Dogecoin has overtaken Litecoin by market capitalization — the first such case among merged-mined coins.
Conclusions
Dogecoin is among the oldest cryptocurrencies. It was conceived as a joke, not to enrich a small circle of individuals. No premine or presale preceded its creation; the project did not partake in VC rounds.
The meme cryptocurrency’s developers did not call it the ‘Bitcoin killer’, did not promise rainbow prospects, and did not seek grants. There was no marketing push or token sale. The community grew and evolved largely ‘for fun’, raising funds for various initiatives as well.
Despite the founders’ departure, a flawed monetary policy and extremely low developer activity, the project survived. Its price, market capitalization and on‑chain activity reached unprecedented levels.

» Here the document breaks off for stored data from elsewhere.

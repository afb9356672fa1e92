-- ===== src/Ledger/Updates.antt =====
-- packages/core/src/belief_ledger_core/projections.py: the updates that the handlers make on the
-- projection tables.
use belief_ledger_pramana.Prelude.{
  ℕ, suc, ◌+◌, ◌-◌, Bool, true, false, ◌&&◌, Option, none, some, List, ◌∷◌, any, find, on_option,
  select, not, ℤ, pos, negsuc, ◌==◌, if◌then◌else◌,
}
use belief_ledger_pramana.Models.{
  Episode, EpisodeState, EvidenceRef, Source, Status, TaskState, SourceStats, NoticeState,
}
use belief_ledger_pramana.Ledger.Results.{Error, Result, ok, raise, ◌>>=◌, require}
use belief_ledger_pramana.Ledger.Events.{Event, StatsDelta}
use belief_ledger_pramana.Ledger.Tables.{
  BeliefRow, PromotionState, UnpromotedRow, LintRow, GateRow, ResponseRow, Tables, insert, update,
  update_id, source_entity, evidence_entity, belief_entity, support_entity, justification_entity,
  defeat_entity, task_entity, conflict_entity, retraction_entity,
}
use belief_ledger_pramana.Ledger.Inserts.{fts_replace, same_task, same_span, same_conflict}

-- `_record_for_event`
abbrev pub record_for_event : ℕ → Event → Result (Unit {0})
record_for_event episode_id event = require (episode_id == event.episode_id) Error.foreign_record

-- `UPDATE episodes SET ... WHERE id=?`
abbrev pub update_episode : ℕ → (Episode → Episode) → Tables → Tables
update_episode episode_id change t = record t {
  episodes = update (λ x. x.id == episode_id) change t.episodes;
}

-- `UPDATE` under a unique key: the row of the identifier may not come to clash with another row.
unfoldable pub update_unique :
    {A : Type 0} (id_of : A → ℕ) → (A → A → Bool) → ℕ → (A → A) → List A → Result (List A)
unfolding update
update_unique id_of clash identifier change rows =
    if any
      (λ x.
        (id_of x == identifier)
        && any (λ y. not (id_of y == identifier) && clash (change x) y) rows)
      rows
    then raise Error.constraint
    else ok (update (λ x. id_of x == identifier) change rows)

-- `COALESCE(?,episode_key)` with the unique `episode_key`.
unfoldable pub apply_episode_state_changed :
    Option EpisodeState → ℕ → Option ℕ → ℕ → Tables → Result Tables
apply_episode_state_changed state updated_at key episode_id t = do
  rows ←
      update_unique (λ x. x.id) (λ x y. x.key == y.key) episode_id
        (λ x. record x {
          state = on_option state EpisodeState.finalized (λ s. s);
          updated_at = updated_at;
          key = on_option key x.key (λ k. k);
        })
        t.episodes
  ok (record t { episodes = rows })

-- `max(0, a + d)`
abbrev pub add_clamped : ℕ → ℤ → ℕ
add_clamped a (pos d) = a + d
add_clamped a (negsuc d) = a - suc d

abbrev pub add_delta : StatsDelta → SourceStats → SourceStats
add_delta d s = record {
  confirmed = add_clamped s.confirmed d.confirmed;
  defeated = add_clamped s.defeated d.defeated;
  samples = add_clamped s.samples d.samples;
}

abbrev pub update_source : ℕ → (Source → Source) → Tables → Tables
update_source identifier change t = record t { sources = update_id identifier change t.sources }

abbrev pub update_belief : ℕ → (BeliefRow → BeliefRow) → Tables → Tables
update_belief identifier change t = record t { beliefs = update_id identifier change t.beliefs }

-- `_belief_status_changed`
unfoldable pub set_belief_status : Bool → ℕ → Status → Tables → Tables
unfolding update
set_belief_status has_fts identifier status t =
    let changed = update_belief identifier (λ x. record x { status = status }) t in
    on_option (find (λ x. x.id == identifier) changed.beliefs) changed (λ row. record changed {
      fts = fts_replace has_fts identifier row.episode_id status row.content changed.fts;
    })

-- `span_json IS ?`
abbrev pub is_same_span : Option (ℕ × ℕ) → Option (ℕ × ℕ) → Bool
is_same_span none none = true
is_same_span x y = same_span x y

unfoldable pub refresh_reference : ℕ → EvidenceRef → Tables → Tables
refresh_reference belief_id ref t =
    if any
      (λ x.
        (x.belief_id == belief_id)
        && (x.evidence_id == ref.evidence_id)
        && is_same_span x.span ref.span)
      t.belief_evidence
    then t
    else (record t {
      belief_evidence =
          (record { belief_id = belief_id; evidence_id = ref.evidence_id; span = ref.span })
          ∷ t.belief_evidence;
    })

unfoldable pub complete_task : ℕ → Option ℕ → TaskState → Tables → Result Tables
complete_task identifier result state t = do
  rows ←
      update_unique (λ x. x.id) same_task identifier
        (λ x. record x { result = result; state = state }) t.verification_tasks
  ok (record t { verification_tasks = rows })

unfoldable pub resolve_conflict : ℕ → Tables → Result Tables
resolve_conflict identifier t = do
  rows ←
      update_unique (λ x. x.id) same_conflict identifier (λ x. record x { open_state = false })
        t.conflicts
  ok (record t { conflicts = rows })

abbrev pub set_notice : ℕ → NoticeState → Tables → Tables
set_notice identifier state t = record t {
  retractions = update_id identifier (λ x. record x { state = state }) t.retractions;
}

-- `INSERT OR REPLACE`
abbrev pub replace_unpromoted : UnpromotedRow → Tables → Tables
replace_unpromoted r t = record t {
  unpromoted =
      r
      ∷ select (λ x. not ((x.episode_id == r.episode_id) && (x.evidence_id == r.evidence_id)))
          t.unpromoted;
}

abbrev pub finish_unpromoted : ℕ → ℕ → PromotionState → ℕ → Tables → Tables
finish_unpromoted episode_id evidence_id state reason t = record t {
  unpromoted =
      update (λ x. (x.episode_id == episode_id) && (x.evidence_id == evidence_id))
        (λ x. record x { state = state; reason = some reason }) t.unpromoted;
}

unfoldable pub insert_lint : LintRow → Tables → Result Tables
insert_lint r t = do
  rows ← insert (λ x y. x.event_id == y.event_id) r t.lint_reports
  ok (record t { lint_reports = rows })

unfoldable pub insert_gate : GateRow → Tables → Result Tables
insert_gate r t = do
  rows ← insert (λ x y. x.event_id == y.event_id) r t.gate_decisions
  ok (record t { gate_decisions = rows })

unfoldable pub insert_response : ResponseRow → Tables → Result Tables
insert_response r t = do
  rows ← insert (λ x y. x.event_id == y.event_id) r t.responses
  ok (record t { responses = rows })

Yet Dogecoin has a number of serious drawbacks:
- Supply of the meme cryptocurrency is distributed unevenly, skewed toward large holders;
- Active addresses and on‑chain activity metrics are well below those of Bitcoin;
- Historically, the volume of value transferred through the network has always been low (the metric spiked only on the 2021 hype);
- One of the least actively developed projects;
- Underdeveloped infrastructure;
- 11 times less resistant to a 51% attack than Bitcoin;
- The price is significantly susceptible to manipulation, potentially driven by a single well-known individual.
Despite these drawbacks, it remains a genuinely significant and well-known project. Perhaps, with a second wind, the Dogecoin story has only just begun.